Am 23. Oktober 1871 teilte Ernst Schering der Öffentlichkeit mit, daß er seine chemisch-pharmazeutische Fabrik in eine Aktiengesellschaft überführt habe. Obwohl die entsprechenden Dokumente schon vorher unterzeichnet waren, betrachtet das heute weltweite Unternehmen diesen Tag als sein Gründungsdatum.
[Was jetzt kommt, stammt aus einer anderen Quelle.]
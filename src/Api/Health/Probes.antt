-- ===== src/Api/Health/Probes.antt =====
-- The dependencies of the probes of app/api/v1/health.py, and what `SELECT 1` and `ping` come to.
use unitra_service_api.Common.{
  ℕ, ◌≡◌, ◌↔◌, ◌≢◌, ◌⊎◌, inl, inr, refl, Bool, true, false, Bool-cases, Option, none, some,
}
use unitra_service_api.Common.Text.{Text, codes}
use unitra_service_api.Errors.Http.{responds}
use unitra_service_api.Api.Action.{Outcome, returned, raised}
use unitra_service_api.Database.{Globals}
use unitra_service_api.Redis.Connection.{RedisClient, Global, ping, get_redis}
use unitra_service_api.Api.Health.{Probe, HealthStatus, AppInfo, health_check, readiness_probe}

-- `get_optional_db`: `session` is the one that the factory makes.
unfoldable pub get_optional_db : {D : Type 0} → D → Globals → Option D
get_optional_db session g = elim g.session_factory [ true ↦ some session | false ↦ none ]

abbrev kept : {A : Type 0} → Outcome A → Option A
kept (returned a) = some a
kept (raised e) = none

-- `get_optional_redis`
unfoldable pub get_optional_redis : {C : Type 0} → Global C → Option (RedisClient C)
unfolding get_redis
get_optional_redis global = kept (get_redis global)

abbrev executed : Text ⊎ ℕ → Probe
executed (inl e) = Probe.failed e
executed (inr latency) = Probe.succeeded latency

-- `SELECT 1` on a session: it comes to the text of an exception or to its latency.
unfoldable pub probe_database : {D : Type 0} → (D → Text ⊎ ℕ) → Option D → Probe
probe_database execute none = Probe.missing
probe_database execute (some session) = executed (execute session)

-- What `ping` answers is not looked at.
abbrev pinged : ℕ → Bool → Probe
pinged latency answer = Probe.succeeded latency

-- `ping` of a client, which returns whatever happens to its connection.
unfoldable pub probe_redis : {C : Type 0} → (C → Outcome Bool) → ℕ → Option (RedisClient C) → Probe
unfolding ping
probe_redis ping_connection latency none = Probe.missing
probe_redis ping_connection latency (some self) = pinged latency (ping ping_connection self)

-- The readiness probe answers "ready" exactly on two probes that succeed.
ready_of_probes :
    (db redis : Probe)
    → (readiness_probe db redis ≡ responds (codes "ready"))
      ↔ (((m : ℕ) × (db ≡ Probe.succeeded m)) × ((n : ℕ) × (redis ≡ Probe.succeeded n)))
unfolding readiness_probe
ready_of_probes (Probe.succeeded m) (Probe.succeeded n) = (λ e. ((m, refl), (n, refl)), λ h. refl)
ready_of_probes db redis = (λ e. cc, λ h. let (m, d) = h.0 in let (n, r) = h.1 in cc)

executed_iff :
    (o : Text ⊎ ℕ) → ((m : ℕ) × (executed o ≡ Probe.succeeded m)) ↔ ((n : ℕ) × (o ≡ inr n))
executed_iff (inl e) = (λ h. let (m, p) = h in cc, λ h. let (n, p) = h in cc)
executed_iff (inr n) = (λ h. (n, refl), λ h. (n, refl))

-- The database has a session, and answers on it.
abbrev pub DatabaseAnswers : {D : Type 0} → D → (D → Text ⊎ ℕ) → Globals → Type 0
DatabaseAnswers session execute g =
    (g.session_factory ≡ true) × ((n : ℕ) × (execute session ≡ inr n))

module _ {C D : Type 0} (session : D) (execute : D → Text ⊎ ℕ) (ping_connection : C → Outcome Bool)
    (latency : ℕ) where
  -- no session, no answer
  probe_database_closed :
      (g : Globals)
      → g.session_factory ≡ false
      → probe_database execute (get_optional_db session g) ≡ Probe.missing
  unfolding probe_database get_optional_db
  probe_database_closed g closed = rw (get_optional_db, closed) refl

  probe_database_opened :
      (g : Globals)
      → g.session_factory ≡ true
      → probe_database execute (get_optional_db session g) ≡ executed (execute session)
  unfolding probe_database get_optional_db
  probe_database_opened g opened = rw (get_optional_db, opened) refl

  probe_database_iff :
      (g : Globals)
      → ((m : ℕ) × (probe_database execute (get_optional_db session g) ≡ Probe.succeeded m))
        ↔ DatabaseAnswers session execute g
  probe_database_iff g = elim (Bool-cases g.session_factory) [
    | inl opened ↦ rw (probe_database_opened g opened) (
      λ h. (opened, (executed_iff (execute session)).0 h),
      λ h. (executed_iff (execute session)).1 h.1,
    )
    | inr closed ↦
        rw (probe_database_closed g closed) (λ h. let (m, p) = h in cc, λ h. let p = h.0 in cc)
  ]

  probe_redis_iff :
      (global : Global C)
      → ((n : ℕ) × (probe_redis ping_connection latency (get_optional_redis global)
            ≡ Probe.succeeded n))
        ↔ (global ≢ none)
  unfolding probe_redis get_optional_redis get_redis
  probe_redis_iff none = (λ h. let (m, p) = h in cc, λ h. absurd (h refl))
  probe_redis_iff (some self) = (λ h e. cc, λ h. (latency, refl))

  -- The readiness probe answers "ready" exactly if the database has a session that answers the
  -- query and the module has a client of Redis. Whether that client has a connection, and whether
  -- Redis answers on it, plays no part.
  pub ready_iff :
      (g : Globals) (global : Global C)
      → (readiness_probe
            (probe_database execute (get_optional_db session g))
            (probe_redis ping_connection latency (get_optional_redis global))
          ≡ responds (codes "ready"))
        ↔ (DatabaseAnswers session execute g × (global ≢ none))
  ready_iff g global =
      let probes = ready_of_probes _ _ in
      (
        λ e. let (d, r) = probes.0 e in ((probe_database_iff g).0 d, (probe_redis_iff global).0 r),
        λ h. probes.1 ((probe_database_iff g).1 h.0, (probe_redis_iff global).1 h.1),
      )

  -- What the health check reports as a whole.
  abbrev pub reported : AppInfo → ℕ → Globals → Global C → HealthStatus
  reported app now g global =
      (health_check app now (probe_database execute (get_optional_db session g))
        (probe_redis ping_connection latency (get_optional_redis global))).status

  -- the same, of a module that has sessions or not and what its query comes to
  abbrev answered : Bool → Text ⊎ ℕ → Probe
  answered false o = Probe.missing
  answered true o = executed o

  probe_database-answered :
      (g : Globals)
      → probe_database execute (get_optional_db session g)
        ≡ answered g.session_factory (execute session)
  probe_database-answered g = elim (Bool-cases g.session_factory) [
    | inl opened ↦ rw (probe_database_opened g opened, opened) refl
    | inr closed ↦ rw (probe_database_closed g closed, closed) refl
  ]

  abbrev Answers : Bool → Text ⊎ ℕ → Type 0
  Answers b o = (b ≡ true) × ((n : ℕ) × (o ≡ inr n))

  status_cases :
      (app : AppInfo) (now : ℕ) (b : Bool) (o : Text ⊎ ℕ) (global : Global C)
      → let status =
          (health_check app now
            (answered b o)
            (probe_redis ping_connection latency (get_optional_redis global))).status in
        ((status ≡ HealthStatus.healthy) ↔ (Answers b o × (global ≢ none)))
        × ((status ≡ HealthStatus.degraded) ↔ (Answers b o × (global ≡ none)))
        × ((status ≡ HealthStatus.unhealthy) ↔ (¬ Answers b o))
  unfolding health_check probe_redis get_optional_redis get_redis
  status_cases app now true (inr n) (some self) = (
    (λ e. ((refl, (n, refl)), λ none_set. cc), λ h. refl),
    (λ e. cc, λ h. let p = h.1 in cc),
    (λ e. cc, λ h. absurd (h (refl, (n, refl)))),
  )
  status_cases app now true (inr n) none = (
    (λ e. cc, λ h. absurd (h.1 refl)),
    (λ e. ((refl, (n, refl)), refl), λ h. refl),
    (λ e. cc, λ h. absurd (h (refl, (n, refl)))),
  )
  status_cases app now true (inl f) (some self) = (
    (λ e. cc, λ h. let (n, p) = h.0.1 in cc),
    (λ e. cc, λ h. let (n, p) = h.0.1 in cc),
    (λ e h. let (n, p) = h.1 in cc, λ h. refl),
  )
  status_cases app now true (inl f) none = (
    (λ e. cc, λ h. let (n, p) = h.0.1 in cc),
    (λ e. cc, λ h. let (n, p) = h.0.1 in cc),
    (λ e h. let (n, p) = h.1 in cc, λ h. refl),
  )
  status_cases app now false o (some self) = (
    (λ e. cc, λ h. let p = h.0.0 in cc),
    (λ e. cc, λ h. let p = h.0.0 in cc),
    (λ e h. let p = h.0 in cc, λ h. refl),
  )
  status_cases app now false o none = (
    (λ e. cc, λ h. let p = h.0.0 in cc),
    (λ e. cc, λ h. let p = h.0.0 in cc),
    (λ e h. let p = h.0 in cc, λ h. refl),
  )

  -- The health check reports "healthy" exactly if the database has a session that answers the query
  -- and the module has a client of Redis, "degraded" exactly if the database answers and the module
  -- has no client, and "unhealthy" exactly if the database does not answer. Whether Redis answers
  -- plays no part.
  pub health_check_iff :
      (app : AppInfo) (now : ℕ) (g : Globals) (global : Global C)
      → ((reported app now g global ≡ HealthStatus.healthy)
          ↔ (DatabaseAnswers session execute g × (global ≢ none)))
        × ((reported app now g global ≡ HealthStatus.degraded)
            ↔ (DatabaseAnswers session execute g × (global ≡ none)))
        × ((reported app now g global ≡ HealthStatus.unhealthy)
            ↔ (¬ DatabaseAnswers session execute g))
  health_check_iff app now g global =
      rw (probe_database-answered g, reported)
        (status_cases app now g.session_factory (execute session) global)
     Als sich Ernst Schering im Herbst 1871 zu diesem Schritt entschloß, folgte er sowohl einem Trend als auch den Zwängen der Zeit. Denn die gewaltigen Geldsummen, die dem soeben aus der Taufe gehobenen deutschen Kaiserreich nach dem siegreichen Krieg als Kontributionen aus Frankreich zuflossen, die Reichsgründung selbst und andere Faktoren hatten einen Gründerboom ohnegleichen ausgelöst. Dieser steigerte sich vor allem in Berlin, das nun zur Kaiser- und Reichshauptstadt avanciert war und dadurch mancherlei Vorteile genoß, zu einem wahren Gründerfieber. Sehr viele Berliner Unternehmen gingen - sofern sie es nicht schon waren - zu Aktiengesellschaften über, um mit größerem Kapital expandieren zu können. Gleichzeitig schossen in Gestalt von

Aktiengesellschaften Neugründungen wie Pilze aus der Erde, von denen sich nicht wenige bald als reine Spekulationsobjekte erwiesen. Diese Situation bot natürlich auch Ernst Schering die Chance, sein solides Unternehmen durch Kapitaleinlagen von Aktionären beträchtlich zu erweitern. Dabei empfand er seinen Aufstieg vom einfachen Apotheker zum Begründer und Namensgeber einer großen Aktiengesellschaft als nahezu schwindelerregend.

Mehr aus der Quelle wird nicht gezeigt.